◆ **Data**:
────────────────────
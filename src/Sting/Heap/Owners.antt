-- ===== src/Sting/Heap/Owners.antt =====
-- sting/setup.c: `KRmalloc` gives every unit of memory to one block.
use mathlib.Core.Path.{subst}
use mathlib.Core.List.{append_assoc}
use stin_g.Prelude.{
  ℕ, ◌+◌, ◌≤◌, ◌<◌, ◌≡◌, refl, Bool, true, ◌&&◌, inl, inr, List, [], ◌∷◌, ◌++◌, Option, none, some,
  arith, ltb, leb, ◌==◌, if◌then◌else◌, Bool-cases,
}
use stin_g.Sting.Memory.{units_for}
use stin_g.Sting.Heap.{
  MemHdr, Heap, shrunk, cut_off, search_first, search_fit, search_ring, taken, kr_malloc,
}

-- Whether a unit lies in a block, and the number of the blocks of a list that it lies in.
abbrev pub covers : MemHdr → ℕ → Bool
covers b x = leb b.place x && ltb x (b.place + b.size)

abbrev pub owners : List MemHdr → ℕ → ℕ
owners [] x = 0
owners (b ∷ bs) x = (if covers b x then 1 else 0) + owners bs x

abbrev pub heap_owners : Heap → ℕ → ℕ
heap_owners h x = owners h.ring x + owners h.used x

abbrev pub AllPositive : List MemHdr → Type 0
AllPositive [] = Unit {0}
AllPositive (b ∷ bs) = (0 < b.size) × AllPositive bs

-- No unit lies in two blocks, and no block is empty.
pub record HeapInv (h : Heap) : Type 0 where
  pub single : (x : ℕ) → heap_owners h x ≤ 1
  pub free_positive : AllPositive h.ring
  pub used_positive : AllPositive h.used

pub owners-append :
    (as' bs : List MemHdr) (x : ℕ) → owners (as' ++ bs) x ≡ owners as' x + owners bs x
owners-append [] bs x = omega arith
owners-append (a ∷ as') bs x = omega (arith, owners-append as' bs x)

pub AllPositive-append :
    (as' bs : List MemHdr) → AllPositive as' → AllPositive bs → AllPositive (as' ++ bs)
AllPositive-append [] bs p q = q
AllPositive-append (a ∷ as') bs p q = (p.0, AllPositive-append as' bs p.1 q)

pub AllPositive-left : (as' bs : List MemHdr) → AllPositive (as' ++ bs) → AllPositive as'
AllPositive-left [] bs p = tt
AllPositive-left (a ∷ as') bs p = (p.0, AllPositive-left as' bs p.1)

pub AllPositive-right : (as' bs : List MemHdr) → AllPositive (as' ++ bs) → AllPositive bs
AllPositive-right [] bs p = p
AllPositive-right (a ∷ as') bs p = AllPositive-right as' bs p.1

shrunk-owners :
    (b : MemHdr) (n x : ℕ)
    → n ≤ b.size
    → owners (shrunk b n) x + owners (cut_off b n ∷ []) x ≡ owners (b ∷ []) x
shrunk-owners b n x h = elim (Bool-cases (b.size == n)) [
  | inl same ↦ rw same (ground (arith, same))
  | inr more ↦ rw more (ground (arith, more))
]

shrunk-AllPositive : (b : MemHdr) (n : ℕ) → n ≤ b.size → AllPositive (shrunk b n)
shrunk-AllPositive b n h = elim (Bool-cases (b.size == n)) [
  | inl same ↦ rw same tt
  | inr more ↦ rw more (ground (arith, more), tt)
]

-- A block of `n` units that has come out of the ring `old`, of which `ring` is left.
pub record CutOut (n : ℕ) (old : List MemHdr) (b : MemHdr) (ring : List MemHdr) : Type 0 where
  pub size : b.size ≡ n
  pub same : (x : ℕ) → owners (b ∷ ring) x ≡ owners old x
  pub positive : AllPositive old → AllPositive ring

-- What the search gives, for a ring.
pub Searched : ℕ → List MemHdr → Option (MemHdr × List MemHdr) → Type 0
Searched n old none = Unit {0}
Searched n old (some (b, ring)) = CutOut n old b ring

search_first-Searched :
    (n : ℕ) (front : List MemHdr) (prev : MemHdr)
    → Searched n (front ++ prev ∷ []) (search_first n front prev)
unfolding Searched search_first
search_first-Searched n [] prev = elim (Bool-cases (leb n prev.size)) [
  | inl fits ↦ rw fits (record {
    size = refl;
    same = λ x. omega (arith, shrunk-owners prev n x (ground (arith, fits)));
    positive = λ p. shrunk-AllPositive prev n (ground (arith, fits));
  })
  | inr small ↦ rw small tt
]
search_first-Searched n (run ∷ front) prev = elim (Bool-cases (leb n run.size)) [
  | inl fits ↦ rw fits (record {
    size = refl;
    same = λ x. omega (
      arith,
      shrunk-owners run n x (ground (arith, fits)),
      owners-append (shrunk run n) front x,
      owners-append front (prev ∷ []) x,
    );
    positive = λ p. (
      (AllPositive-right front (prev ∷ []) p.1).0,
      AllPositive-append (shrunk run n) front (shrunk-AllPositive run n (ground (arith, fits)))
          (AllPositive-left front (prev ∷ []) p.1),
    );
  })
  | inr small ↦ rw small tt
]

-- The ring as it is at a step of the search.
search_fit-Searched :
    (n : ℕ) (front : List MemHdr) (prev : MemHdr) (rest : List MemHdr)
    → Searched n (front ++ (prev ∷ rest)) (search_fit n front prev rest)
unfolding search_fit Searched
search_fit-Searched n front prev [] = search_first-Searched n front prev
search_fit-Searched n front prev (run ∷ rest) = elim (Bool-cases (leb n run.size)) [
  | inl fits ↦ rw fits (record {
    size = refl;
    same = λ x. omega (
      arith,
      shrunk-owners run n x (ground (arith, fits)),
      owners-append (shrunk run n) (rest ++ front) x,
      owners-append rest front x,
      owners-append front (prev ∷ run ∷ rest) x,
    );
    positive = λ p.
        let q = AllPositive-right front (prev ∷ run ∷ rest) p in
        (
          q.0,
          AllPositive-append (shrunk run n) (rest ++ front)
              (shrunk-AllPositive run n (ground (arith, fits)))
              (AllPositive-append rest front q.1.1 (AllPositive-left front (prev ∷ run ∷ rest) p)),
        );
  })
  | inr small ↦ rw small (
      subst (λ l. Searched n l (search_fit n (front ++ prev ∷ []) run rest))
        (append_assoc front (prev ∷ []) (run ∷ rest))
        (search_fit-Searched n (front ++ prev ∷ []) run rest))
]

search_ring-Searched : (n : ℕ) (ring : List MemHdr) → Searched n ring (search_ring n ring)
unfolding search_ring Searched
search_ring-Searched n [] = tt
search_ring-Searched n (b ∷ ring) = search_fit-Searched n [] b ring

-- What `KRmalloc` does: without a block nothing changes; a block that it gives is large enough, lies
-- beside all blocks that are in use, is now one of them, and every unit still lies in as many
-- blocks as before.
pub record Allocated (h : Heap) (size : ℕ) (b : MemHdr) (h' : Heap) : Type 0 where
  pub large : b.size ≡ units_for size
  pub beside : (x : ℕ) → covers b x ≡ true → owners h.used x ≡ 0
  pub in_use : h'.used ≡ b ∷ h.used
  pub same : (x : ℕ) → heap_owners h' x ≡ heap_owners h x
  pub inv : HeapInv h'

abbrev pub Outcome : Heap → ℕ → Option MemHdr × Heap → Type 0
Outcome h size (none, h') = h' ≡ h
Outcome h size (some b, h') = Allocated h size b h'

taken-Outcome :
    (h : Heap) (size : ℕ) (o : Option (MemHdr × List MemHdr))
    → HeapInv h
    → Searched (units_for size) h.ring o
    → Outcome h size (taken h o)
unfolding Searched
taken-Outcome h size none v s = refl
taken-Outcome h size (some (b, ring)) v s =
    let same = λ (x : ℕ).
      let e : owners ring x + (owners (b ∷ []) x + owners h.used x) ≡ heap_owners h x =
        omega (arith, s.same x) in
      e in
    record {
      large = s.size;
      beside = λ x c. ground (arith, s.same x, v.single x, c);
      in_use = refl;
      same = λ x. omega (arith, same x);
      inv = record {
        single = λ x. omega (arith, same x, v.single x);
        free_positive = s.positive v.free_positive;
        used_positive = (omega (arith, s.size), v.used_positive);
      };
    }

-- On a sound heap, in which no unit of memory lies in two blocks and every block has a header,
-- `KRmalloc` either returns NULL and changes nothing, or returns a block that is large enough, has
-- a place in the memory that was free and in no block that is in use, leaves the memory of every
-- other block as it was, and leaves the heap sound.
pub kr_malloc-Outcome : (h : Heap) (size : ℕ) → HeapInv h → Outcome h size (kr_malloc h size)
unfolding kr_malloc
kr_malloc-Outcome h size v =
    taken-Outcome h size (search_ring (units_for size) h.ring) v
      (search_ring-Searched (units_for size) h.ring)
────────────────────
◆ **Activity**:
Nothing but the exact lines from the start of the material through the line holding "owners (b ∷ bs)", both included, belongs in the answer.

◆ **Exercise output**:
filename src/Sting/Heap/Owners.antt
-- ===== src/Sting/Heap/Owners.antt =====
-- sting/setup.c: `KRmalloc` gives every unit of memory to one block.
use mathlib.Core.Path.{subst}
use mathlib.Core.List.{append_assoc}
use stin_g.Prelude.{
  ℕ, ◌+◌, ◌≤◌, ◌<◌, ◌≡◌, refl, Bool, true, ◌&&◌, inl, inr, List, [], ◌∷◌, ◌++◌, Option, none, some,
  arith, ltb, leb, ◌==◌, if◌then◌else◌, Bool-cases,
}
use stin_g.Sting.Memory.{units_for}
use stin_g.Sting.Heap.{
  MemHdr, Heap, shrunk, cut_off, search_first, search_fit, search_ring, taken, kr_malloc,
}

-- Whether a unit lies in a block, and the number of the blocks of a list that it lies in.
abbrev pub covers : MemHdr → ℕ → Bool
covers b x = leb b.place x && ltb x (b.place + b.size)

abbrev pub owners : List MemHdr → ℕ → ℕ
owners [] x = 0
owners (b ∷ bs) x = (if covers b x then 1 else 0) + owners bs x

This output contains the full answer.